It’s YOUR year
Around this time of year when everyone is telling NQTs how the are going to survive, or how they should thrive I am reminded of a blog I wrote during my undergraduate year abroad. In that blog I wrote about how my year abroad hadn’t lived up to the hype that had been built around it. All the tips and advice from other people, all the expectations that had been built about how the year should be. It didn’t live up to it and for a while I felt like that was my fault. When I wrote that post, I was contacted by other people on their year abroad who were feeling the same way, in fact I continued to get comments for a couple of years afterwards from people telling me that they were pleased to have found someone else feeling that way. We all said the same thing, we were surrounded by social media posts from classmates who were having ‘the time of their lives’, ‘the best year ever’ and making ‘friends for life’ but we weren’t having that experience.

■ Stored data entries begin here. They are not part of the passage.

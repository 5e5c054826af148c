-- ===== src/Edit/Session/WholeFile.antt =====
-- crates/frances-edit/src/session/whole_file.rs: creating a file, and writing one anew.
use frances.Prelude.{[], some, Bool}
use frances.Prelude.Action.{Action, ◌>>=◌, ◌>>◌, return, lift}
use frances.Text.{Text}
use frances.Edit.State.{FilePath, FileAnchorState, anchors}
use frances.Edit.Engine.{open_file, infallible}
use frances.Edit.Render.{DiffRender, render_diff_block}
use frances.Edit.Session.Types.{
  EditError, new_file_exists, not_cached_for_overwrite, draft, IoError, already_exists, other_error,
  Surroundings, World, create_new,
}
use frances.Edit.Session.Working.{split_text_to_lines, on_store, on_disk, keep_open, cached_working}
use frances.Edit.Session.Anchored.{diff_context, apply_draft_edit, guard_pasteback}

unfoldable pub empty_state : FilePath → FileAnchorState
empty_state path = record { path = path; mtime_ns = 0; size = 0; content_digest = 0; lines = [] }

-- The writer's error when the file is there already gets a name of its own.
unfoldable pub create_error : FilePath → IoError → EditError
create_error path (already_exists message) = new_file_exists path
create_error path (other_error message) = draft (other_error message)

module _ {S W : Type 0} (env : Surroundings S W) where
  unfoldable pub apply_new : FilePath → Text → Action EditError (World S W) DiffRender
  unfolding empty_state create_error
  apply_new path text = do
    post ← on_disk (create_error path) (env.write path (split_text_to_lines text) create_new)
    working ←
        on_store
          (open_file env.hasher env.differ env.anchor_store path post.lines post.mtime_ns post.size)
    block ← lift (
        infallible (
          render_diff_block env.dict env.differ (empty_state path) [] working.state working.lines
            diff_context))
    keep_open path working
    return block

  -- All the file's anchors are hinted as deleted, so that none is carried over.
  unfoldable pub apply_overwrite : FilePath → Text → Bool → Action EditError (World S W) DiffRender
  unfolding guard_pasteback cached_working apply_draft_edit
  apply_overwrite path text bypass = do
    guard_pasteback env bypass text
    working ← cached_working path (not_cached_for_overwrite path)
    apply_draft_edit env path working (split_text_to_lines text)
        (some (record { deleted_anchors = anchors working.state.lines }))
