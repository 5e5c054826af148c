-- ===== src/Edit/Session/Dispatch.antt =====
-- crates/frances-edit/src/session/mod.rs: the entry point of all edits.
use frances.Prelude.Action.{Action}
use frances.Edit.LoopGuard.{clear}
use frances.Edit.Render.{DiffRender}
use frances.Edit.Session.Types.{
  EditError, LlmEdit, replace_lines, replace_all, insert_after, insert_before, new_file, overwrite,
  Surroundings, World,
}
use frances.Edit.Session.Anchored.{
  before, after, apply_replace, apply_replace_all, apply_pin_insert,
}
use frances.Edit.Session.WholeFile.{apply_new, apply_overwrite}

module _ {S W : Type 0} (env : Surroundings S W) where
  unfoldable pub dispatch : LlmEdit → Action EditError (World S W) DiffRender
  dispatch (new_file path text) = apply_new env path text
  dispatch (overwrite path text bypass) = apply_overwrite env path text bypass
  dispatch (replace_lines path anchor end_anchor text bypass) =
      apply_replace env path anchor end_anchor text bypass
  dispatch (replace_all path find replacement count) =
      apply_replace_all env path find replacement count
  dispatch (insert_after path anchor text bypass) =
      apply_pin_insert env path anchor text after bypass
  dispatch (insert_before path anchor text bypass) =
      apply_pin_insert env path anchor text before bypass

  -- The loop guard is cleared up front, so also when the edit fails.
  unfoldable pub edit : LlmEdit → Action EditError (World S W) DiffRender
  unfolding dispatch clear
  edit e w = dispatch e (record w { loop_set = clear w.loop_set })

Today I was reminded of this feeling when reading all the tips and advice for NQTs and more experienced teachers commenting on how their NQT year was or how it should be. Much like that year abroad experience, everyone’s will be different. Some NQTs will feel like they are just trying to survive the year, looking at those who are flourishing and wondering what they’re doing wrong. There will be those that are thriving, getting on well and not finding things too tough, they might be wondering what they’ve missed, if they’re working hard enough or if there is something they’ve forgotten to do. This could apply to someone at any stage of their career, the PGCE student, the NQT, the new HOD etc. Everyone’s year is different, we’ll experience different things in different ways. We’ll tackle issues differently because of the different contexts we’re working in and the different people that we are. There’s nothing wrong with that.
Continue to read the blogs and tweets, see how others are reflecting on their experiences and what they’re sharing. You never know, it might work for you. However, it might not, and that’s ok. The danger of Twitter and blogging is the comparisons we make between ourselves and others, comparisons that mean nothing and get us nowhere. So, whatever stage you’re at in your career, remember that this year is YOUR year. There is no mould you have to fit into, or track you have to follow. Live your year how it comes, take advice as and when you want but don’t try and live up to some imaginary expectation, it won’t work.